──────── Records shown
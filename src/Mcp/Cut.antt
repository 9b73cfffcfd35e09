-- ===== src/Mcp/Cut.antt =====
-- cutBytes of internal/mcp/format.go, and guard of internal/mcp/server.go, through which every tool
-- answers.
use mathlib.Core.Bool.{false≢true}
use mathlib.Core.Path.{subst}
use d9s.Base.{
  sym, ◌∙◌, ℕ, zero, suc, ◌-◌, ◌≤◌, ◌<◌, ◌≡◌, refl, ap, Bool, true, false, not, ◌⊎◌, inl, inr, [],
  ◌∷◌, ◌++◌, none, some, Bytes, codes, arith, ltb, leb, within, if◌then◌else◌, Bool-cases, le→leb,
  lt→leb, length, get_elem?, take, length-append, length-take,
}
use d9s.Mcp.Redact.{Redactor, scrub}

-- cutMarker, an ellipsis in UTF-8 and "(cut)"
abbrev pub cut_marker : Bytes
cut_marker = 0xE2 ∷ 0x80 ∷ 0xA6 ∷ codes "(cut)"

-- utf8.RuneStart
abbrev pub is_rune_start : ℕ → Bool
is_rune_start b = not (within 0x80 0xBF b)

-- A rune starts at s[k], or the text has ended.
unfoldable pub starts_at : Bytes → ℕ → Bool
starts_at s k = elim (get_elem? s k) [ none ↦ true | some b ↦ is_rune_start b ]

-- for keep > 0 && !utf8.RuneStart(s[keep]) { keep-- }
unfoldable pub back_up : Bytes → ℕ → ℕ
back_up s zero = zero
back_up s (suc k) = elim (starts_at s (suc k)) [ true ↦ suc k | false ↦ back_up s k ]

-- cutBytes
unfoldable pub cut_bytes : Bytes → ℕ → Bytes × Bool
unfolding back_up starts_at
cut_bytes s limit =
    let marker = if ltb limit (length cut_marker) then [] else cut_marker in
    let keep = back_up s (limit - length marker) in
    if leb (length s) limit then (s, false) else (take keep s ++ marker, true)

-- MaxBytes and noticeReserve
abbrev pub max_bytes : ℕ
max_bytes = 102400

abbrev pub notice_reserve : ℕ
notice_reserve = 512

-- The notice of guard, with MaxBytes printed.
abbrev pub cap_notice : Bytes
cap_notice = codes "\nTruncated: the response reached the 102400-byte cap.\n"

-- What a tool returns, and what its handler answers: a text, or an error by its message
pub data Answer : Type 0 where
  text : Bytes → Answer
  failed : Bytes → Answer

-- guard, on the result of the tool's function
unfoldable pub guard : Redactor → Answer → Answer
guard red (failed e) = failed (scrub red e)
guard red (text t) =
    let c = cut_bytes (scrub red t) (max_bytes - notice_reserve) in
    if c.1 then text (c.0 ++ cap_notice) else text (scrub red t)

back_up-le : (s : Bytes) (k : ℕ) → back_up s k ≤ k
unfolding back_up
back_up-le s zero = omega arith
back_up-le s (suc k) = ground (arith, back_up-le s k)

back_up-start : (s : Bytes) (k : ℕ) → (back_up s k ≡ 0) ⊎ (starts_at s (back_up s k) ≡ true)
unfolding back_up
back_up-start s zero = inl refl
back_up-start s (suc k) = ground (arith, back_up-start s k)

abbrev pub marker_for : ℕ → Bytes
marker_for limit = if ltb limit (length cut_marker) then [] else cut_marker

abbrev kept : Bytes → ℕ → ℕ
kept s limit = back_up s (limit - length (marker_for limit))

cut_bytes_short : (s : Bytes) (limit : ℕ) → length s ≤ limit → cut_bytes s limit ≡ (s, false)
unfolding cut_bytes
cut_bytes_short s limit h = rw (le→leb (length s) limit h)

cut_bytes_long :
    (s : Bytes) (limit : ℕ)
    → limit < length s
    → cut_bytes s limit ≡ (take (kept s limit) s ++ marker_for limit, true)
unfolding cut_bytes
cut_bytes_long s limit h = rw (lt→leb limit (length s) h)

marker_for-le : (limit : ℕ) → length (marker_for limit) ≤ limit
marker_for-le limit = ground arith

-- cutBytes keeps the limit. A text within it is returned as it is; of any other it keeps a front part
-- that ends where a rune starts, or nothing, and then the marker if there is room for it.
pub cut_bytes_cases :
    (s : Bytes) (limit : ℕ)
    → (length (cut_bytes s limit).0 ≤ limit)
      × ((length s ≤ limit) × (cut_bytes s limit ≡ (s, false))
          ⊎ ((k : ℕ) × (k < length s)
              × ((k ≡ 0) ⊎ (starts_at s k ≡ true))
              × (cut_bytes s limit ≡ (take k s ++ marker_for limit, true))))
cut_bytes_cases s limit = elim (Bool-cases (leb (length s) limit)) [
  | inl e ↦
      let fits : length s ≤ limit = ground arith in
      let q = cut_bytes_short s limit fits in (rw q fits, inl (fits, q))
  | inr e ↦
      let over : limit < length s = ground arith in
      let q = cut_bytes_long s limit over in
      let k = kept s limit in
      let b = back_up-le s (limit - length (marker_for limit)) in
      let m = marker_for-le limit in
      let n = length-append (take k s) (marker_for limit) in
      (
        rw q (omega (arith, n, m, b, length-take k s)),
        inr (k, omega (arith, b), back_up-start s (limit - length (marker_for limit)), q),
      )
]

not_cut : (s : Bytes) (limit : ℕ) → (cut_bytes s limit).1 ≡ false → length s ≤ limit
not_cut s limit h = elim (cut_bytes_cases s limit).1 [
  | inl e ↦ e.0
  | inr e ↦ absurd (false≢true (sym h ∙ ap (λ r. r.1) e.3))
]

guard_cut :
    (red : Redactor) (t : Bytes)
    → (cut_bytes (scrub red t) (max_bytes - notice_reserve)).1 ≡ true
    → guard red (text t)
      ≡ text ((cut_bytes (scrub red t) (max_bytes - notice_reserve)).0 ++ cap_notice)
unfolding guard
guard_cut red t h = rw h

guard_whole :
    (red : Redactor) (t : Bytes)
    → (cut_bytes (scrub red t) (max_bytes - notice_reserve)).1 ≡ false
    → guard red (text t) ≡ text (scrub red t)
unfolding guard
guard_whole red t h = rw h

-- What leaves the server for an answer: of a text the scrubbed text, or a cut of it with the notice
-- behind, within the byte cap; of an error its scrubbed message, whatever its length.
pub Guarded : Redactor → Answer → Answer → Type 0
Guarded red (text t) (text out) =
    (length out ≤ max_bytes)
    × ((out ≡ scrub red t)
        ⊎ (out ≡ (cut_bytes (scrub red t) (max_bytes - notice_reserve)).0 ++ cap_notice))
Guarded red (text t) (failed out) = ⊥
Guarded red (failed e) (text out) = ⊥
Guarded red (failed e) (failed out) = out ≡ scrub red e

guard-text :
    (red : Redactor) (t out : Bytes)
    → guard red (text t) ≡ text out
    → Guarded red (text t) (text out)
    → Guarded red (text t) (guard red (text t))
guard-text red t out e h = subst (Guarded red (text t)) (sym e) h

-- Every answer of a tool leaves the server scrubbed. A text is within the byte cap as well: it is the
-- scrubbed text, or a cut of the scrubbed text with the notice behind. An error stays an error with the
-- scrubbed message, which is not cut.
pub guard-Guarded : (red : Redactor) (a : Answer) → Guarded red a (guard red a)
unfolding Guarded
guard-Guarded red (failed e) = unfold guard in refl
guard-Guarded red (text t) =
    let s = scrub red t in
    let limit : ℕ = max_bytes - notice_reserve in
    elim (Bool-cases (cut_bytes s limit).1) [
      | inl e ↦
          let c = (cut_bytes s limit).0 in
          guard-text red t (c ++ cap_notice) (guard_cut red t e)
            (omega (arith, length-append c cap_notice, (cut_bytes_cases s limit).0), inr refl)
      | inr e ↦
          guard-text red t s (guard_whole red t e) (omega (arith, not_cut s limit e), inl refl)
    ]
────────────────
Directions: Scan the records above and report every line with the string "message".

Task answer:
-- What a tool returns, and what its handler answers: a text, or an error by its message
-- behind, within the byte cap; of an error its scrubbed message, whatever its length.
-- scrubbed message, which is not cut.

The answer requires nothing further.